Behind her the façade imitates the cross. Perhaps she’s Mary herself, hair snow white with shock at seeing him crucified?
Perhaps she’s a wife shaking her hair free as she remembers the Liturgy of the Word between
he came down from heaven and became incarnate of the Virgin Mary and
he became man
she recalls the instruction in the text all bow, it says
The Letting Go
as I remember we were freezing in high rooms,
worn out on Monkgate like old
persons rehearsing a winter marriage, and the day after,
in resistance to sorrow, we tested pain through new objects, a
spoon sometimes or formal letter or toy to weigh the feeling like ink in a reservoir, how it comes out in blots and stains.

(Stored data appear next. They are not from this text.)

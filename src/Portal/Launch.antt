-- ===== src/Portal/Launch.antt =====
-- portal_server/main.go: `issueLaunchTicket` and `consumeLaunchTicket`. The map of tickets is a list of
-- pairs; `drawn` is the new random ticket. The name of a module is empty, or one of three.
pub mod Once
mod Tests
use textile_erp_cloud.Base.{
  Bool, true, false, not, ◌&&◌, ◌||◌, Option, none, some, List, [], ◌∷◌, if◌then◌else◌, find, keep,
}
use textile_erp_cloud.Base.Int.{ℤ, pos, ltb_ℤ, ◌+ℤ◌}
use textile_erp_cloud.Base.Result.{Result, ok, err, ◌>>=◌, ◌>>◌, refuse_if, or_err}
use textile_erp_cloud.Base.Text.{Text, codes, text_eq, is_empty, trim_space, to_lower}
use textile_erp_cloud.Portal.Access.{
  is_textile, Access, Module, financial, operational, weaving, module_allowed,
}
use textile_erp_cloud.Portal.Services.{AccessError, no_access, no_module, no_ticket, expired}
use textile_erp_cloud.Portal.Store.{Row, find_by_token}

pub record Ticket : Type 0 where
  pub access_token : Text
  pub module_ : Option Module
  pub expires_at : ℤ

abbrev pub Tickets : Type 0
Tickets = List (Text × Ticket)

-- The name of a module; an empty name is that of the whole portal.
unfoldable pub module_named : Text → Result AccessError (Option Module)
module_named name =
    if is_empty name
    then ok none
    else if text_eq name (codes "financial")
    then ok (some financial)
    else if text_eq name (codes "operational")
    then ok (some operational)
    else if text_eq name (codes "weaving")
    then ok (some weaving)
    else err no_module

abbrev pub may_enter : Access → Option Module → ℤ → Bool
may_enter a none now = true
may_enter a (some m) now = module_allowed a m now

-- The tests of both functions on the account.
unfoldable pub check_launch : ℤ → Access → Result AccessError (Unit {0})
check_launch now a = do
  refuse_if (not (is_textile a.project) || not a.is_active || ltb_ℤ a.expires_at now) expired
  refuse_if (is_empty (trim_space a.username) || is_empty (trim_space a.password_hash)) no_access

abbrev pub two_minutes : ℤ
two_minutes = pos 120_000_000_000

abbrev pub is_live : ℤ → Text × Ticket → Bool
is_live now (key, t) = not (ltb_ℤ t.expires_at now)

-- What `issueLaunchTicket` checks: the module.
unfoldable pub check_issue : ℤ → Text → Text → List Row → Result AccessError (Option Module)
check_issue now access_token name file = do
  a ← or_err (find_by_token access_token file) no_access
  check_launch now a
  m ← module_named name
  refuse_if (not (may_enter a m now)) no_module
  ok m

abbrev pub issued :
    ℤ
    → Text
    → Text
    → Tickets
    → Result AccessError (Option Module)
    → Result AccessError Text × Tickets
issued now drawn access_token tickets (err e) = (err e, tickets)
issued now drawn access_token tickets (ok m) = (
  ok drawn,
  (drawn, record { access_token = access_token; module_ = m; expires_at = now +ℤ two_minutes })
      ∷ keep (λ entry. is_live now entry && not (text_eq drawn entry.0)) tickets,
)

-- `issueLaunchTicket`
unfoldable pub issue :
    ℤ → Text → Text → Text → List Row → Tickets → Result AccessError Text × Tickets
issue now drawn access_token name file tickets =
    issued now drawn (trim_space access_token) tickets
      (check_issue now (trim_space access_token) (to_lower (trim_space name)) file)

abbrev pub is_key : Text → Text × Ticket → Bool
is_key ticket entry = text_eq ticket entry.0

-- What `consumeLaunchTicket` does with the entry that it found and removed.
unfoldable pub entered :
    ℤ → List Row → Option (Text × Ticket) → Result AccessError (Access × Option Module)
entered now file none = err no_ticket
entered now file (some (key, t)) = do
  refuse_if (ltb_ℤ t.expires_at now) no_ticket
  a ← or_err (find_by_token t.access_token file) no_access
  check_launch now a
  refuse_if (not (may_enter a t.module_ now)) no_module
  ok (a, t.module_)

-- `consumeLaunchTicket`
unfoldable pub consume :
    ℤ → Text → List Row → Tickets → Result AccessError (Access × Option Module) × Tickets
consume now raw file tickets =
    let ticket = trim_space raw in
    if is_empty ticket then (err no_ticket, tickets) else (
      entered now file (find (is_key ticket) tickets),
      keep (λ entry. not (is_key ticket entry)) tickets,
    )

I remember the music you played, its warmth in the room – rehearsals, repetitions –
snow – – filling the flat roof below our kitchen window. First we held on to each other until the
chill of the season entered your heart then I slept through dark nights in a stupor until your green bones stretched, then you remembered the path and the way, the pilgrimage you had to make, the urgency of letting me stay behind, your insistence:
Late Meeting
When you asked about
ballistic stretching with therabands I knew there was no future in it. I asked you to repeat the words just for the pleasure of your voice. I paid my way and left the tip. All the way home I assured myself that twenty years changes a face: without the fright-wig and pan-stick I couldn't be sure it was you.
Pilgrim after Tom Wood
(for my son, leaving Liverpool, Jan 2018)

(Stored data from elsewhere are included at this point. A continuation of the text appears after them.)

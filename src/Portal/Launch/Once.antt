-- ===== src/Portal/Launch/Once.antt =====
-- A launch ticket of portal_server/main.go is good once.
use textile_erp_cloud.Base.{
  ℕ, suc, ◌+◌, ◌≤◌, ◌≡◌, refl, inl, inr, Bool, true, false, not, ◌&&◌, Option, none, some, List, [],
  ◌∷◌, arith, Bool-cases, Option-cases, find, keep, is_some, if◌then◌else◌,
}
use textile_erp_cloud.Base.Int.{ℤ}
use textile_erp_cloud.Base.Result.{Result, ok, err}
use textile_erp_cloud.Base.Text.{Text, text_eq, text_eq_sound, is_empty, trim_space, to_lower}
use textile_erp_cloud.Portal.Access.{Module}
use textile_erp_cloud.Portal.Launch.{
  Ticket, Tickets, check_issue, is_live, issued, issue, is_key, entered, consume,
}
use textile_erp_cloud.Portal.Services.{AccessError}
use textile_erp_cloud.Portal.Store.{Row}

-- How often a ticket stands in the table.
abbrev pub times : Text → Tickets → ℕ
times ticket [] = 0
times ticket (entry ∷ more) =
    if is_key ticket entry then suc (times ticket more) else times ticket more

abbrev one_if : Bool → ℕ
one_if true = 1
one_if false = 0

-- The calls of the two functions, each with the accounts of its time.
pub data LaunchCall : Type 0 where
  issues : ℤ → Text → Text → Text → List Row → LaunchCall
  consumes : ℤ → Text → List Row → LaunchCall

abbrev succeeds : {A : Type 0} → Result AccessError A → Bool
succeeds (ok a) = true
succeeds (err e) = false

abbrev pub table_after : LaunchCall → Tickets → Tickets
table_after (issues now drawn token name file) tickets = (issue now drawn token name file tickets).1
table_after (consumes now raw file) tickets = (consume now raw file tickets).1

-- Whether a call lets someone in by the ticket.
abbrev pub enters : Text → LaunchCall → Tickets → Bool
enters ticket (issues now drawn token name file) tickets = false
enters ticket (consumes now raw file) tickets =
    text_eq ticket (trim_space raw) && succeeds (consume now raw file tickets).0

-- Whether a call draws the ticket, which is then random.
abbrev pub draws : Text → LaunchCall → Bool
draws ticket (issues now drawn token name file) = text_eq ticket drawn
draws ticket (consumes now raw file) = false

abbrev pub entries : Text → List LaunchCall → Tickets → ℕ
entries ticket [] tickets = 0
entries ticket (call ∷ calls) tickets =
    let rest = entries ticket calls (table_after call tickets) in
    if enters ticket call tickets then suc rest else rest

abbrev pub draw_count : Text → List LaunchCall → ℕ
draw_count ticket [] = 0
draw_count ticket (call ∷ calls) =
    if draws ticket call then suc (draw_count ticket calls) else draw_count ticket calls

times-keep :
    (ticket : Text) (p : Text × Ticket → Bool) (tickets : Tickets)
    → times ticket (keep p tickets) ≤ times ticket tickets
times-keep ticket p [] = omega arith
times-keep ticket p (entry ∷ more) = ground (arith, times-keep ticket p more)

-- What is taken out of the table is in it no more.
times-removed :
    (ticket : Text) (tickets : Tickets)
    → times ticket (keep (λ entry. not (is_key ticket entry)) tickets) ≡ 0
times-removed ticket [] = refl
times-removed ticket (entry ∷ more) = ground (arith, times-removed ticket more)

times-found :
    (ticket : Text) (tickets : Tickets) (entry : Text × Ticket)
    → find (is_key ticket) tickets ≡ some entry
    → 1 ≤ times ticket tickets
times-found ticket [] entry e = absurd (cc)
times-found ticket (x ∷ more) entry e = ground (arith, times-found ticket more entry)

entered-found :
    (now : ℤ) (file : List Row) (found : Option (Text × Ticket))
    → succeeds (entered now file found) ≡ true
    → is_some found ≡ true
unfolding entered
entered-found now file none h = absurd (cc)
entered-found now file (some entry) h = refl

issue-times :
    (ticket : Text) (now : ℤ) (drawn token : Text) (tickets : Tickets)
    (checked : Result AccessError (Option Module))
    → times ticket (issued now drawn token tickets checked).1
      ≤ times ticket tickets + one_if (text_eq ticket drawn)
issue-times ticket now drawn token tickets (err e) = omega arith
issue-times ticket now drawn token tickets (ok m) =
    ground
      (arith, times-keep ticket (λ entry. is_live now entry && not (text_eq drawn entry.0)) tickets)

found_once :
    (ticket : Text) (now : ℤ) (file : List Row) (tickets : Tickets)
    → one_if (succeeds (entered now file (find (is_key ticket) tickets))) ≤ times ticket tickets
found_once ticket now file tickets =
    elim (Bool-cases (succeeds (entered now file (find (is_key ticket) tickets)))) [
      | inr refused ↦ rw refused (omega arith)
      | inl let_in ↦ elim (Option-cases (find (is_key ticket) tickets)) [
        | inl missing ↦
            absurd (cc (entered-found now file (find (is_key ticket) tickets) let_in, missing))
        | inr (entry, hit) ↦ rw let_in (times-found ticket tickets entry hit)
      ]
    ]

-- By one call, what is let in and what stays in the table were in the table or are drawn.
consume-times :
    (ticket : Text) (now : ℤ) (raw : Text) (file : List Row) (tickets : Tickets)
    → one_if (enters ticket (consumes now raw file) tickets)
        + times ticket (consume now raw file tickets).1
      ≤ times ticket tickets
unfolding consume
consume-times ticket now raw file tickets = elim (Bool-cases (is_empty (trim_space raw))) [
  | inl blank ↦ rw blank (nothing (text_eq ticket (trim_space raw)) (times ticket tickets))
  | inr given ↦ rw given (elim (Bool-cases (text_eq ticket (trim_space raw))) [
    | inr other ↦
        rw other
          (omega (arith, times-keep ticket (λ entry. not (is_key (trim_space raw) entry)) tickets))
    | inl same ↦
        let e : ticket ≡ trim_space raw = text_eq_sound ticket (trim_space raw) same in
        rw (same, ← e)
          (omega (arith, times-removed ticket tickets, found_once ticket now file tickets))
  ])
]
  where
    nothing : (b : Bool) (n : ℕ) → one_if (b && false) + n ≤ n
    nothing true n = omega arith
    nothing false n = omega arith

step-times :
    (ticket : Text) (call : LaunchCall) (tickets : Tickets)
    → one_if (enters ticket call tickets) + times ticket (table_after call tickets)
      ≤ times ticket tickets + one_if (draws ticket call)
unfolding issue
step-times ticket (issues now drawn token name file) tickets = omega (
  arith,
  issue-times ticket now drawn (trim_space token) tickets
      (check_issue now (trim_space token) (to_lower (trim_space name)) file),
)
step-times ticket (consumes now raw file) tickets =
    omega (arith, consume-times ticket now raw file tickets)

-- Over any calls of `issueLaunchTicket` and `consumeLaunchTicket`, whatever the accounts are like at
-- each, a ticket lets someone in at most as often as it stood in the table and was drawn; so a ticket
-- that is drawn once is good for one entry.
pub launch_once :
    (ticket : Text) (calls : List LaunchCall) (tickets : Tickets)
    → entries ticket calls tickets ≤ times ticket tickets + draw_count ticket calls
launch_once ticket [] tickets = omega arith
launch_once ticket (call ∷ calls) tickets =
    ground
      (arith, launch_once ticket calls (table_after call tickets), step-times ticket call tickets)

“the Photo mat always turns you into a criminal type wanted by the police” Roland Barthes The first time I took you
further than the local shops my skin was still loose my bones precarious,
on our first morning journey to the river through the exhalations and dirt
of the bus terminus to a café where old men
face the same way without speaking I took you to sit in a machine, turned a potty-plastic seat to its highest setting
closed a rough textured curtain to record my disappearing face.
Look how separate we were, even then. You – balanced on my lap
wrapped up tight against the cold. I took time to read instructions thinking how good it was that no one could see my uncertainty or fear.
You were my infant accomplice, my alibi. I held you close and waited
until four damp frames appeared, identical, upside down.
Like all new mothers I needed to find an image to study and imitate, to avoid detection.